(Collected data)
-- ===== src/Transaction.antt =====
-- The transaction domain (app/domain/transaction): requests and their validation, the queries,
-- and the service. The proofs are in the modules below.
pub mod Schema
pub mod Repository
pub mod Sums
pub mod Validation
pub mod Response
pub mod Rules
pub mod Service
pub mod Paging
pub mod Ledger
pub mod Tests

*WHAT IS REQUIRED*. Quote, without alteration, the final stretch of the entries: the line with "pub mod Validation" onward to the last line.

*RESULT FOR THIS EXERCISE*.
pub mod Validation
pub mod Response
pub mod Rules
pub mod Service
pub mod Paging
pub mod Ledger
pub mod Tests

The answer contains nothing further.